Below are several records. Retype exactly those lines running from the one with "insert_pending_same sync m" through the one with "-- threaded mode", end lines included, and no others.

*SOURCE MATERIAL*.
"""

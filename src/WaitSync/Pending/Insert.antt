-- ===== src/WaitSync/Pending/Insert.antt =====
-- The insertion appends to the ring.
use libult.Base.{
  ◌≡◌, ◌≢◌, refl, Ptr, null, false, List, [], ◌∷◌, ◌++◌, arith, ◌==◌, if◌then◌else◌, update, ◌∉◌,
  IsDistinct, IsDistinct-snoc, last, has-append, ==_refl, Bool-cases, inl, inr,
}
use libult.WaitSync.State.{Mem, list_lock, list_unlock, thread_lock, thread_unlock}
use libult.WaitSync.Pending.{insert_pending, insert_locked}
use libult.WaitSync.Pending.Chain.{Chain, Chain-append, Chain-prev_end, Chain-frame, Chain-relink}
use libult.WaitSync.Pending.Ring.{IsRing, IsRing-fields}

-- With another structure pending the four writes come to these.
insert_pending-eq :
    (sync a l : Ptr) (m : Mem)
    → m.list ≡ a
    → (a == null) ≡ false
    → m.prev a ≡ l
    → insert_pending sync m ≡ record m {
      next = update (update m.next l sync) sync a;
      prev = update (update m.prev sync l) a sync;
    }
unfolding insert_pending
insert_pending-eq sync a l m e ne p = rw (e, ne, p, ==_refl sync)

-- The links after those writes.
Chain-insert :
    (n v : Ptr → Ptr) (a sync : Ptr) (xs : List Ptr)
    → Chain n v a xs a
    → IsDistinct (a ∷ xs)
    → sync ∉ a ∷ xs
    → Chain
        (update (update n (last a xs) sync) sync a)
        (update (update v sync (last a xs)) a sync)
        a
        (xs ++ sync ∷ [])
        a
Chain-insert n v a sync xs c d out =
    Chain-append _ _ a a sync xs []
      (Chain-frame _ _ _ _ a sync xs (Chain-relink n v a a sync xs c d (ground arith))
        (λ q h. ground arith) (λ q h. ground arith))
      (ground arith, ground arith)

pub insert_pending-IsRing :
    (sync : Ptr) (xs : List Ptr) (m : Mem)
    → IsRing m xs
    → sync ≢ null
    → sync ∉ xs
    → IsRing (insert_pending sync m) (xs ++ sync ∷ [])
unfolding insert_pending
insert_pending-IsRing sync [] m r ne out = rw (r, ==_refl sync) (ground arith)
insert_pending-IsRing sync (a ∷ xs) m (e, c, d, nn) ne out =
    rw
      (insert_pending-eq sync a (last a xs) m e (ground arith)
        (Chain-prev_end m.next m.prev a a xs c))
      (
        e,
        Chain-insert m.next m.prev a sync xs c d out,
        IsDistinct-snoc sync (a ∷ xs) d out,
        rw (has-append null (a ∷ xs) (sync ∷ [])) (ground arith),
      )

-- What the insertion leaves alone.
pub insert_pending_same :
    (sync : Ptr) (m : Mem)
    → ((insert_pending sync m).count ≡ m.count)
      × ((insert_pending sync m).status ≡ m.status)
      × ((insert_pending sync m).signaling ≡ m.signaling)
      × ((insert_pending sync m).trace ≡ m.trace)
      × ((insert_pending sync m).uses_threads ≡ m.uses_threads)
unfolding insert_pending
insert_pending_same sync m = elim (Bool-cases (m.list == null)) [
  | inl e ↦ rw e (refl, refl, refl, refl, refl)
  | inr e ↦ rw e (refl, refl, refl, refl, refl)
]

-- `ompi_sync_wait_mt` puts its structure last on the ring of pending ones, where it is on no ring
-- yet; the order of the others stays, and so do all counts, states and `signaling` flags. In
-- threaded mode the change stands between a lock and an unlock of `wait_sync_lock`.
pub insert_locked-IsRing :
    (sync : Ptr) (xs : List Ptr) (m : Mem)
    → IsRing m xs
    → sync ≢ null
    → sync ∉ xs
    → IsRing (insert_locked sync m) (xs ++ sync ∷ [])
      × ((insert_locked sync m).count ≡ m.count)
      × ((insert_locked sync m).status ≡ m.status)
      × ((insert_locked sync m).signaling ≡ m.signaling)
      × ((insert_locked sync m).trace
          ≡ (if m.uses_threads then list_unlock ∷ list_lock ∷ m.trace else m.trace))
unfolding insert_locked thread_lock thread_unlock
insert_locked-IsRing sync xs m r ne out =
    let locked = thread_lock m in
    let (count, status, signaling, trace, uses) = insert_pending_same sync locked in
    let ring =
      insert_pending-IsRing sync xs locked (IsRing-fields m locked xs refl refl refl r) ne out in
    (
      IsRing-fields (insert_pending sync locked) (insert_locked sync m) (xs ++ sync ∷ []) refl refl
          refl ring,
      count,
      status,
      signaling,
      rw (uses, trace) (ground arith),
    )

"""

*REPLY TO THE TASK*.
insert_pending_same sync m = elim (Bool-cases (m.list == null)) [
  | inl e ↦ rw e (refl, refl, refl, refl, refl)
  | inr e ↦ rw e (refl, refl, refl, refl, refl)
]

-- `ompi_sync_wait_mt` puts its structure last on the ring of pending ones, where it is on no ring
-- yet; the order of the others stays, and so do all counts, states and `signaling` flags. In
-- threaded mode the change stands between a lock and an unlock of `wait_sync_lock`.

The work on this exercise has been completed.